Below are some records. Copy every line in them that holds "ground".

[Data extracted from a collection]
-=-=-

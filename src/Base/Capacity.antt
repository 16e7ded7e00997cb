-- ===== src/Base/Capacity.antt =====
-- Two tables of slots with keys: if every slot in use of the first has the key of one in use of the
-- second, the second bounds the first.
use Prim.Native.Nat.{ℕ, ◌+◌, ◌*◌, ◌≤◌, ◌<◌}
use mathlib.Core.Path.{◌≡◌, ap}
use mathlib.Core.Logic.{◌⊎◌, inl, inr}
use mathlib.Core.Bool.{Bool, true, false, not, ◌&&◌}
use mathlib.Core.List.{List, [], ◌∷◌}
use native.Mathlib.Nat.{mul-add, mul-one, mul-zero}
use native.Mathlib.Omega.{arith}
use wisp_esp.Base.Tests.{if◌then◌else◌, Bool-cases, ◌==◌}
use wisp_esp.Base.Lists.{length, All}
use wisp_esp.Base.Slots.{bit, count_where, sum_of}

pub count-complement :
    {A : Type 0} (act : A → Bool) (xs : List A)
    → count_where act xs + count_where (λ x. not (act x)) xs ≡ length xs
unfolding count_where
count-complement act [] = omega arith
count-complement act (x ∷ xs) = elim (Bool-cases (act x)) [
  | inl on ↦ rw on (omega (arith, count-complement act xs))
  | inr off ↦ rw off (omega (arith, count-complement act xs))
]

module _ {A B : Type 0} (act : A → Bool) (key : A → ℕ) (act' : B → Bool) (key' : B → ℕ) where
  abbrev pub with_key : ℕ → A → Bool
  with_key k x = act x && (key x == k)

  abbrev pub with_key' : ℕ → B → Bool
  with_key' k c = act' c && (key' c == k)

  -- The slots of the first table that have the key of `c`.
  abbrev pub share : List A → B → ℕ
  share xs c = if act' c then count_where (with_key (key' c)) xs else 0

  share-cons :
      (x : A) (xs : List A) (cs : List B)
      → act x ≡ true
      → sum_of (share (x ∷ xs)) cs ≡ count_where (with_key' (key x)) cs + sum_of (share xs) cs
  unfolding count_where
  share-cons x xs [] on = omega arith
  share-cons x xs (c ∷ cs) on = ground (arith, share-cons x xs cs on)

  share-cons_le :
      (x : A) (xs : List A) (cs : List B) → sum_of (share xs) cs ≤ sum_of (share (x ∷ xs)) cs
  unfolding count_where
  share-cons_le x xs [] = omega arith
  share-cons_le x xs (c ∷ cs) = ground (arith, share-cons_le x xs cs)

  -- Every slot in use is counted for some slot of the second table.
  pub count-le_shares :
      (xs : List A) (cs : List B)
      → All (λ x. (act x ≡ false) ⊎ (0 < count_where (with_key' (key x)) cs)) xs
      → count_where act xs ≤ sum_of (share xs) cs
  unfolding count_where
  count-le_shares [] cs h = omega arith
  count-le_shares (x ∷ xs) cs h =
      let rest = count-le_shares xs cs h.1 in
      elim (Bool-cases (act x)) [
        | inr off ↦ omega (arith, ap bit off, rest, share-cons_le x xs cs)
        | inl on ↦ elim h.0 [
          | inl off ↦ absurd (cc)
          | inr some_key ↦ omega (arith, ap bit on, rest, share-cons x xs cs on)
        ]
      ]

  -- With at most `n` slots for each key there are at most `n` for each slot of the second table,
  -- and fewer if a key that is there has fewer.
  pub shares_le :
      (n : ℕ) (xs : List A) (cs : List B)
      → ((k : ℕ) → count_where (with_key k) xs ≤ n)
      → sum_of (share xs) cs ≤ n * count_where act' cs
  unfolding count_where
  shares_le n xs [] h = omega arith
  shares_le n xs (c ∷ cs) h =
      let one = h (key' c) in
      let rest = shares_le n xs cs h in
      elim (Bool-cases (act' c)) [
        | inl on ↦ rw on (rw (mul-add n 1 (count_where act' cs)) (omega (arith, mul-one n)))
        | inr off ↦ rw off (rw (mul-add n 0 (count_where act' cs)) (omega (arith, mul-zero n)))
      ]

  pub shares_lt :
      (n k : ℕ) (xs : List A) (cs : List B)
      → ((k : ℕ) → count_where (with_key k) xs ≤ n)
      → count_where (with_key k) xs < n
      → 0 < count_where (with_key' k) cs
      → sum_of (share xs) cs < n * count_where act' cs
  unfolding count_where
  shares_lt n k xs [] h few here = omega arith
  shares_lt n k xs (c ∷ cs) h few here =
      let one = h (key' c) in
      let all = shares_le n xs cs h in
      elim (Bool-cases (act' c)) [
        | inr off ↦
            let later : 0 < count_where (with_key' k) cs = ground (arith, here) in
            let rest = shares_lt n k xs cs h few later in
            rw off (rw (mul-add n 0 (count_where act' cs)) (omega (arith, mul-zero n)))
        | inl on ↦ rw on (
            rw (mul-add n 1 (count_where act' cs)) (elim (Bool-cases (key' c == k)) [
              | inl same ↦
                  let less : count_where (with_key (key' c)) xs < n = ground (arith, few) in
                  omega (arith, mul-one n)
              | inr other ↦
                  let later : 0 < count_where (with_key' k) cs = ground (arith, here) in
                  let rest = shares_lt n k xs cs h few later in omega (arith, mul-one n)
            ]))
      ]

  -- Every key of the first table is one of the second, or has no slot of the first.
  All-covered :
      (xs : List A) (cs : List B)
      → ((k : ℕ) → (0 < count_where (with_key' k) cs) ⊎ (count_where (with_key k) xs ≡ 0))
      → All (λ x. (act x ≡ false) ⊎ (0 < count_where (with_key' (key x)) cs)) xs
  unfolding count_where
  All-covered [] cs h = tt
  All-covered (x ∷ xs) cs h = (
    elim (Bool-cases (act x)) [
      | inr off ↦ inl off
      | inl on ↦ elim (h (key x)) [
        | inl here ↦ inr here
        | inr zero_there ↦
            let mine : with_key (key x) x ≡ true = ground (arith, on) in
            absurd (omega (arith, ap bit mine, zero_there))
      ]
    ],
    All-covered xs cs
        λ k. elim (h k) [ inl here ↦ inl here | inr zero_there ↦ inr (omega (arith, zero_there)) ],
  )

  -- With at most `n` slots for each key of the second table, a longer table than `n` times the second
  -- has a free slot.
  pub spare-slot :
      (n : ℕ) (xs : List A) (cs : List B)
      → ((k : ℕ) → (0 < count_where (with_key' k) cs) ⊎ (count_where (with_key k) xs ≡ 0))
      → ((k : ℕ) → count_where (with_key k) xs ≤ n)
      → n * count_where act' cs < length xs
      → 0 < count_where (λ x. not (act x)) xs
  spare-slot n xs cs covered most long = omega (
    arith,
    count-le_shares xs cs (All-covered xs cs covered),
    shares_le n xs cs most,
    count-complement act xs,
  )

  -- The same for a table that is just as long, if some key has fewer.
  pub spare-slot_lt :
      (n k : ℕ) (xs : List A) (cs : List B)
      → ((k : ℕ) → (0 < count_where (with_key' k) cs) ⊎ (count_where (with_key k) xs ≡ 0))
      → ((k : ℕ) → count_where (with_key k) xs ≤ n)
      → count_where (with_key k) xs < n
      → 0 < count_where (with_key' k) cs
      → n * count_where act' cs ≤ length xs
      → 0 < count_where (λ x. not (act x)) xs
  spare-slot_lt n k xs cs covered most few here long = omega (
    arith,
    count-le_shares xs cs (All-covered xs cs covered),
    shares_lt n k xs cs most few here,
    count-complement act xs,
  )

-=-=-

# Written answer
  share-cons x xs (c ∷ cs) on = ground (arith, share-cons x xs cs on)
  share-cons_le x xs (c ∷ cs) = ground (arith, share-cons_le x xs cs)
            let later : 0 < count_where (with_key' k) cs = ground (arith, here) in
                  let less : count_where (with_key (key' c)) xs < n = ground (arith, few) in
                  let later : 0 < count_where (with_key' k) cs = ground (arith, here) in
            let mine : with_key (key x) x ≡ true = ground (arith, on) in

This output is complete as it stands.